> [SUPPLIED RECORDS]:

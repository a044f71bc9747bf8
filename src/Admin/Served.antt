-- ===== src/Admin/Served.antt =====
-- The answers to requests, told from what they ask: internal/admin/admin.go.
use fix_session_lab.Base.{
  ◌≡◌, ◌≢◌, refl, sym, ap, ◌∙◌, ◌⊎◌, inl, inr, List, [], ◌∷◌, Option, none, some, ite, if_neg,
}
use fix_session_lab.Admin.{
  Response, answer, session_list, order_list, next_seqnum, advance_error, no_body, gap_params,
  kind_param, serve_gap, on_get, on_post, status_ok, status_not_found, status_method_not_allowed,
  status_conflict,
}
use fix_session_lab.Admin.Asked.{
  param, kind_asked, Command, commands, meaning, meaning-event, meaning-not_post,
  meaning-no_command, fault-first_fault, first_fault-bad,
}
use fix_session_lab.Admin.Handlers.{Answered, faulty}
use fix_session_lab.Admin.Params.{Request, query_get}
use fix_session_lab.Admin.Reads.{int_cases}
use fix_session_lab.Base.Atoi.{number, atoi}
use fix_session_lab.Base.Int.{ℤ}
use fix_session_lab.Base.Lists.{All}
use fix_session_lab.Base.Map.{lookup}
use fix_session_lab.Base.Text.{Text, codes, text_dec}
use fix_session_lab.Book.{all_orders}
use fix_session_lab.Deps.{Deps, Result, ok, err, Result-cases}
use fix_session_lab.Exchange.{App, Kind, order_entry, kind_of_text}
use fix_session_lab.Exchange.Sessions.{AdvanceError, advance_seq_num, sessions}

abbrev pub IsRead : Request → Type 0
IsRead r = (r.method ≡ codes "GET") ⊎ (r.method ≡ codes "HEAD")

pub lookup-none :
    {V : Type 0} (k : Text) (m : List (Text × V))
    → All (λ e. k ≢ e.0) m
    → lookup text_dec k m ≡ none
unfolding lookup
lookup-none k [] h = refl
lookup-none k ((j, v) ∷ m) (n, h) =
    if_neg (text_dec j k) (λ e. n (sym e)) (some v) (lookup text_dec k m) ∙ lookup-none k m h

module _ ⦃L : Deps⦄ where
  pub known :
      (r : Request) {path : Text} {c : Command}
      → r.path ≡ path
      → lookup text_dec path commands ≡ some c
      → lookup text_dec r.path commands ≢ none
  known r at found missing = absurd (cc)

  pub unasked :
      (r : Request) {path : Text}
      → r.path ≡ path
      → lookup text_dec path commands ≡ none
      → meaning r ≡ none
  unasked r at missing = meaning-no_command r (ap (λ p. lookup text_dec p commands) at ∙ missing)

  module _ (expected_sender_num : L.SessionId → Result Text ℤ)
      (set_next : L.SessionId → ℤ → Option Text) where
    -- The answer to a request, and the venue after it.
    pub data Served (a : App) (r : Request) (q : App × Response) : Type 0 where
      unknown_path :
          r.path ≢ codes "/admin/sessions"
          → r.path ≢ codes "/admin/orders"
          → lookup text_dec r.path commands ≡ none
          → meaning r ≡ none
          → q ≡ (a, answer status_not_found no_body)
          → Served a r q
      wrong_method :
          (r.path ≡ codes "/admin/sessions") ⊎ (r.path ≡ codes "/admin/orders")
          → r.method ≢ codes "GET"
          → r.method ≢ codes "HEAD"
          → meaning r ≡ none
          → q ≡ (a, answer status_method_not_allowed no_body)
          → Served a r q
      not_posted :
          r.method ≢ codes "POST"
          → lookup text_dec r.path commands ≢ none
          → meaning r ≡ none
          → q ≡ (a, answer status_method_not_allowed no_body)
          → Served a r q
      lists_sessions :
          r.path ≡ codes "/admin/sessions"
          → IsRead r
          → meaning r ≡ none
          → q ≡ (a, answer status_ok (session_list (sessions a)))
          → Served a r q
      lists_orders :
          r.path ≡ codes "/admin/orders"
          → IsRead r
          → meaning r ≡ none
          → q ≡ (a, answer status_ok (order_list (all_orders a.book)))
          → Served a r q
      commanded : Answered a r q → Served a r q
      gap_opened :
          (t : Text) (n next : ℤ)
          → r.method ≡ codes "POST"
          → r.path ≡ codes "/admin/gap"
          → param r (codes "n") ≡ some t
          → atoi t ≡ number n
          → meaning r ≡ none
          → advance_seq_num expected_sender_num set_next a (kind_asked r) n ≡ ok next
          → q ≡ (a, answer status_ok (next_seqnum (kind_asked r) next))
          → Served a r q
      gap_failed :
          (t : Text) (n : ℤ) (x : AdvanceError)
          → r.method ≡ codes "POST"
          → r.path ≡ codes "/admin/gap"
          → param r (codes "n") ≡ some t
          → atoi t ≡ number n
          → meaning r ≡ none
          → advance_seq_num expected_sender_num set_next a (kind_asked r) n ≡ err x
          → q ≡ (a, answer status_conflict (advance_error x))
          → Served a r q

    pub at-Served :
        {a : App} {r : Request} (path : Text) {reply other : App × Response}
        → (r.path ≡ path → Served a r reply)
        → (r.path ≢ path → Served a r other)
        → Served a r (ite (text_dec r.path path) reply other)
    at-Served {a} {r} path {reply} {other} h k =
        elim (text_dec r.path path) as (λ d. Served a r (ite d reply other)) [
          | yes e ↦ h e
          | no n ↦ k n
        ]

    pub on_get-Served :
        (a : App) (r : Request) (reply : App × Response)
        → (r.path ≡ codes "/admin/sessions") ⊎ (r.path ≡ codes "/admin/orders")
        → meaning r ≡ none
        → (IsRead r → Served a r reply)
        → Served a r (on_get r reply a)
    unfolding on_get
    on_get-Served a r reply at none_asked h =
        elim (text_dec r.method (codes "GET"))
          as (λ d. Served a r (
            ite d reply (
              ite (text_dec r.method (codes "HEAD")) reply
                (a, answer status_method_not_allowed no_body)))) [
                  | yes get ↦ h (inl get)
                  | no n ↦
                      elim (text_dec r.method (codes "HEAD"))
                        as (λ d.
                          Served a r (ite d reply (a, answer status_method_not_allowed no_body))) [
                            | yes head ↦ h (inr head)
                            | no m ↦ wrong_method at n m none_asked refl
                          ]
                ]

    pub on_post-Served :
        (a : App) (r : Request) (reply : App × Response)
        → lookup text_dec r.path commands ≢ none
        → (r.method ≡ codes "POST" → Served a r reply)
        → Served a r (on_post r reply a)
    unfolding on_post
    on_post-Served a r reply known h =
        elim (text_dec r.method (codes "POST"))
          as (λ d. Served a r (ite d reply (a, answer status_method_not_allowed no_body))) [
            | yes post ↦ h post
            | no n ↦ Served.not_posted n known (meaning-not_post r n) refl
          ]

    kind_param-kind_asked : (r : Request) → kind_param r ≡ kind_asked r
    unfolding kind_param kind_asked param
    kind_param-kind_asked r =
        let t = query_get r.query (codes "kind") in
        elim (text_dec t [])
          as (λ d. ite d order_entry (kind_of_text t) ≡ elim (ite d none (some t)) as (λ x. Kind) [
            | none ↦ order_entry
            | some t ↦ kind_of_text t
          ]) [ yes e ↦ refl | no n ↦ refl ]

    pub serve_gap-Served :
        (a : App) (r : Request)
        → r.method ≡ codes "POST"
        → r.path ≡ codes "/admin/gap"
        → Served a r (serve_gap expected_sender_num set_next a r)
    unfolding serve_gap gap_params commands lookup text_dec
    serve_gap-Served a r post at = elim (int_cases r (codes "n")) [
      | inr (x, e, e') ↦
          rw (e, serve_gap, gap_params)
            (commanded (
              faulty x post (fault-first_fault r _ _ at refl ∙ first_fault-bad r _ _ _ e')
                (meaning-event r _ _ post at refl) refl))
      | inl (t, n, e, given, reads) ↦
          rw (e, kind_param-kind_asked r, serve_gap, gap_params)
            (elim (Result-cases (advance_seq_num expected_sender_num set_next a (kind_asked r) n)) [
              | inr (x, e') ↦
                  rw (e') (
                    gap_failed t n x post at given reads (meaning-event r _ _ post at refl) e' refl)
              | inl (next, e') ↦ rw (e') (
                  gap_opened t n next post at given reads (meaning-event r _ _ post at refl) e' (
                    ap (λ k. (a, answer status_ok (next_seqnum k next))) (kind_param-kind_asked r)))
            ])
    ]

> [ASSIGNMENT]: Exactly how many lines of the records above contain "commanded"? Please state only the number.

> [RESPONSE FOR THIS EXERCISE]: 2